No doubt Warhol's most famous
contribution to the art world was the simple image of a Campbell's Tomato Soup
Can.
Once again, such a straightforward
image can speak for itself. It's
commonplace, widespread, and instantly recognizable. Perhaps I can't identify with Diebenkorn's
Ocean Park series, but in America back at this time this would have been
something I looked at very regularly, maybe even on a weekly basis at the
grocery store. It would therefore have
its own meaning with me—(perhaps to remind me that we're out of tomato soup). The art here ceases to be about the artist
(as with Van Gogh and Pollock) and becomes about the public. This is a cultural image of a public reality:
countless people buy this kind of soup, even today. To qualify such an entity as a work of art is
a statement on the lifestyle of the American crowd in the Postmodern Era.
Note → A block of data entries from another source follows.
-- ===== src/Gateway/Kept.antt =====
-- crates/gateway/src/lib.rs: every call of a `PaperAdapter` keeps its maps in order.
use feynman_engine.Prelude.{
  ◌≡◌, refl, ◌<◌, ◌+◌, Bool, true, false, Option, none, some, String, lookup, remove, arith,
  Option-cases, Bool-cases, ◌&&◌, inl, inr, eq_iff, if◌then◌else◌,
}
use feynman_engine.Externs.{Externs, ExactArithmetic}
use feynman_engine.Externs.Arithmetic.{above, below, zero_above, zero_below, lt_true}
use feynman_engine.Types.Order.{gtc, ioc, fok, gtd, TimeInForce}
use feynman_engine.Types.Market.{OrderbookSnapshot}
use feynman_engine.Gateway.Errors.{Result, ok, err}
use feynman_engine.Gateway.Simulator.{
  FillSimulationOutcome, resting, executed, SimulatedFill, is_complete,
}
use feynman_engine.Gateway.Submission.{
  OrderSubmission, PostAckActions, VenueOrderAck, order_core_from_submission,
}
use feynman_engine.Gateway.Paper.{PaperAdapter, PaperAdapterState, contains, cancel_order}
use feynman_engine.Gateway.Place.{
  submit_order, acknowledge, act, open_with, paper_id, open_order, place, place_resting,
  place_partial, simulated, with_book, unless_cached, when_checked, check_submission, outcome_of,
  fill_actions, is_limit, is_executed,
}
use feynman_engine.Gateway.Ledger.{
  IsKept, IsPartial, acknowledge-IsKept, act-IsKept, set_open-IsKept, insert-IsPartial,
  remove-IsPartial, contains-add,
}
use feynman_engine.Gateway.Conserving.{IsConserving}

either : {A : Type 0} (P : A → Type 0) (b : Bool) (x y : A) → P x → P y → P (if b then x else y)
either P true x y p q = p
either P false x y p q = q

module _ (E : Externs) (X : ExactArithmetic E) where
  open E use {zero_dec, lt}

  module _ (s : OrderSubmission E) (book : OrderbookSnapshot E) (state : PaperAdapterState E)
      (k : IsKept E X state) where
    known : contains E (paper_id E s) (acknowledge E s book state).acknowledged_orders ≡ true
    known = ground (
      arith,
      contains-add E X (paper_id E s) (paper_id E s) state.acknowledged_orders,
      eq_iff (paper_id E s) (paper_id E s),
    )

    -- An order that is acknowledged, with the actions that follow.
    done-IsKept :
        (actions : PostAckActions E) → IsKept E X (act E s actions (acknowledge E s book state))
    done-IsKept actions =
        act-IsKept E X s actions (acknowledge E s book state)
          (acknowledge-IsKept E X s book state k) known

    -- An order that is also left open.
    opened-IsKept :
        (actions : PostAckActions E) (filled : E.Decimal)
        → IsPartial E X (open_order E s book filled)
        → IsKept E X (act E s actions (open_with E s book filled (acknowledge E s book state)))
    opened-IsKept actions filled p =
        let acked = acknowledge E s book state in
        let k' = acknowledge-IsKept E X s book state k in
        act-IsKept E X s actions (open_with E s book filled acked)
          (set_open-IsKept E X _ acked k' (
            insert-IsPartial E X (paper_id E s) (open_order E s book filled) acked.open_orders p
              k'.partial))
          known

  -- An order that is acknowledged is known as such.
  abbrev pub IsKnown : Result (VenueOrderAck E) → PaperAdapterState E → Type 0
  IsKnown (ok ack) state = contains E ack.venue_order_id state.acknowledged_orders ≡ true
  IsKnown (err e) state = Unit

  abbrev pub LeavesKept : PaperAdapter E × Result (VenueOrderAck E) → Type 0
  LeavesKept r = IsKept E X r.0.state × IsKnown r.1 r.0.state

  -- What an outcome says of the submission's quantity.
  abbrev FitsSubmission : FillSimulationOutcome E → OrderSubmission E → Type 0
  FitsSubmission resting s = (below E X s.qty ≡ 0) × (0 < above E X s.qty)
  FitsSubmission (executed f) s =
      (below E X s.qty ≡ 0)
      × (below E X f.fill.qty ≡ 0)
      × (below E X f.remaining_qty ≡ 0)
      × (above E X f.fill.qty + above E X f.remaining_qty ≡ above E X s.qty)

  incomplete :
      (s : OrderSubmission E) (book : OrderbookSnapshot E) (f : SimulatedFill E)
      → FitsSubmission (executed f) s
      → is_complete E f ≡ false
      → IsPartial E X (open_order E s book f.fill.qty)
  incomplete s book f fits h = ground (
    arith,
    zero_above E X,
    zero_below E X,
    lt_true E X f.remaining_qty zero_dec,
    lt_true E X zero_dec f.remaining_qty,
  )

  module _ (a : PaperAdapter E) (s : OrderSubmission E) (book : OrderbookSnapshot E)
      (k : IsKept E X a.state) where
    resting-IsKept :
        (tif : TimeInForce E) → FitsSubmission resting s → LeavesKept (place_resting E tif a s book)
    resting-IsKept gtc fits = (
      opened-IsKept s book a.state k _ zero_dec (ground (arith, zero_above E X, zero_below E X)),
      known s book a.state k,
    )
    resting-IsKept ioc fits = (done-IsKept s book a.state k _, known s book a.state k)
    resting-IsKept fok fits = (acknowledge-IsKept E X s book a.state k, tt)
    resting-IsKept (gtd t) fits = (acknowledge-IsKept E X s book a.state k, tt)

    partial-IsKept :
        (tif : TimeInForce E) (f : SimulatedFill E)
        → FitsSubmission (executed f) s
        → is_complete E f ≡ false
        → LeavesKept (place_partial E tif a s book f)
    partial-IsKept gtc f fits h =
        let opened =
          opened-IsKept s book a.state k (fill_actions E s f none) f.fill.qty
            (incomplete s book f fits h) in
        either LeavesKept (is_limit E s.order_type) _ _ (opened, known s book a.state k) (k, tt)
    partial-IsKept ioc f fits h = (done-IsKept s book a.state k _, known s book a.state k)
    partial-IsKept fok f fits h = (k, tt)
    partial-IsKept (gtd t) f fits h = (k, tt)

    place-IsKept :
        (outcome : FillSimulationOutcome E)
        → FitsSubmission outcome s
        → LeavesKept (place E outcome a s book)
    place-IsKept resting fits = resting-IsKept s.time_in_force fits
    place-IsKept (executed f) fits =
        let done = done-IsKept s book a.state k (fill_actions E s f none) in
        elim (Bool-cases (is_complete E f)) [
          | inl complete ↦ rw complete (done, known s book a.state k)
          | inr partly ↦ rw partly (partial-IsKept s.time_in_force f fits partly)
        ]

    simulated-IsKept :
        (r : Result (FillSimulationOutcome E))
        → ((outcome : FillSimulationOutcome E) → r ≡ ok outcome → FitsSubmission outcome s)
        → LeavesKept (simulated E r a s book)
    simulated-IsKept (err e) fits = (k, tt)
    simulated-IsKept (ok outcome) fits =
        either LeavesKept (s.post_only && is_executed E outcome) _ _ (k, tt)
          (place-IsKept outcome (fits outcome refl))

  module _ (a : PaperAdapter E) (k : IsKept E X a.state) (c : IsConserving E X a.simulator) where
    outcome_fits :
        (s : OrderSubmission E) (book : OrderbookSnapshot E) (outcome : FillSimulationOutcome E)
        → outcome_of E a s book ≡ ok outcome
        → FitsSubmission outcome s
    unfolding order_core_from_submission
    outcome_fits s book resting h =
        c.positive (order_core_from_submission E s book.received_at s.qty) (paper_id E s) book
          resting h
    outcome_fits s book (executed f) h =
        let core = order_core_from_submission E s book.received_at s.qty in
        let (nonneg, qty) = c.positive core (paper_id E s) book (executed f) h in
        let (filled, fill_nonneg, rest_nonneg, sum) = c.conserves core (paper_id E s) book f h in
        (nonneg, fill_nonneg, rest_nonneg, sum)

    with_book-IsKept :
        (found : Option (OrderbookSnapshot E)) (s : OrderSubmission E)
        → LeavesKept (with_book E found a s)
    with_book-IsKept none s = (k, tt)
    with_book-IsKept (some book) s =
        simulated-IsKept a s book k (outcome_of E a s book) (outcome_fits s book)

    unless_cached-IsKept :
        (found : Option (VenueOrderAck E)) (s : OrderSubmission E)
        → lookup s.client_order_id a.state.idempotency_cache ≡ found
        → LeavesKept (unless_cached E found a s)
    unless_cached-IsKept (some ack) s h = (k, k.cached s.client_order_id ack h)
    unless_cached-IsKept none s h = with_book-IsKept (lookup s.market_id a.state.orderbooks) s

    when_checked-IsKept :
        (r : Result Unit) (s : OrderSubmission E) → LeavesKept (when_checked E r a s)
    when_checked-IsKept (err e) s = (k, tt)
    when_checked-IsKept (ok u) s =
        unless_cached-IsKept (lookup s.client_order_id a.state.idempotency_cache) s refl

    pub submit-IsKept : (s : OrderSubmission E) → LeavesKept (submit_order E a s)
    unfolding submit_order
    submit-IsKept s = when_checked-IsKept (check_submission E a s) s

    pub cancel-IsKept : (id : String) → IsKept E X (cancel_order E a id).0.state
    unfolding cancel_order
    cancel-IsKept id =
        let gone =
          set_open-IsKept E X (remove id a.state.open_orders) a.state k
            (remove-IsPartial E X id a.state.open_orders k.partial) in
        elim (Option-cases (lookup id a.state.open_orders)) [
          | inl missing ↦ rw missing k
          | inr (o, found) ↦ rw found gone
        ]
America is, after all, infamous for its
consumerist-centered commercial industry; why not marry art to that? And the implications of a work such as this
on American consumerism surface most visibly when examining the artist's larger
collages of Campbell's Tomato Soup Cans.
Warhol even went so far as to include 100 Cans in one of his works (and
he titled it simply that).
When you think about it within the
progression of art history up to now, it isn't as deconstructive to art theory
as one might first expect. When Marcel
Duchamp submitted a urinal to an art salon in 1917, it was a clear, satirical
jab at the institution of the art world at that time; but there is a degree of
sincerity in Warhol's Tomato Soup Cans which goes beyond a mere avant-garde
shift of focus onto the unexpected.
Shouldn't the fact that this is an object seen by so many people on a
regular, everyday basis be a vindication for it to ascend to the level of
art? This is capturing culture. In the Baroque Era, kings and queens and
princes had their portraits painted to display to the public, and that was a
statement of societal construction; it asserted the dominance of royalty. Similarly, we looked at several propaganda
paintings of Napoleon Bonaparte from the Neoclassical Period, which made direct
statements on French politics at the time.
Art has perhaps always reflected pieces of the society in which it
appears. The Postmodern world simply
embraced a broader hierarchy of significance, from continental maps to a mere
can of soup—and that is reflective of the philosophy of such a time as well.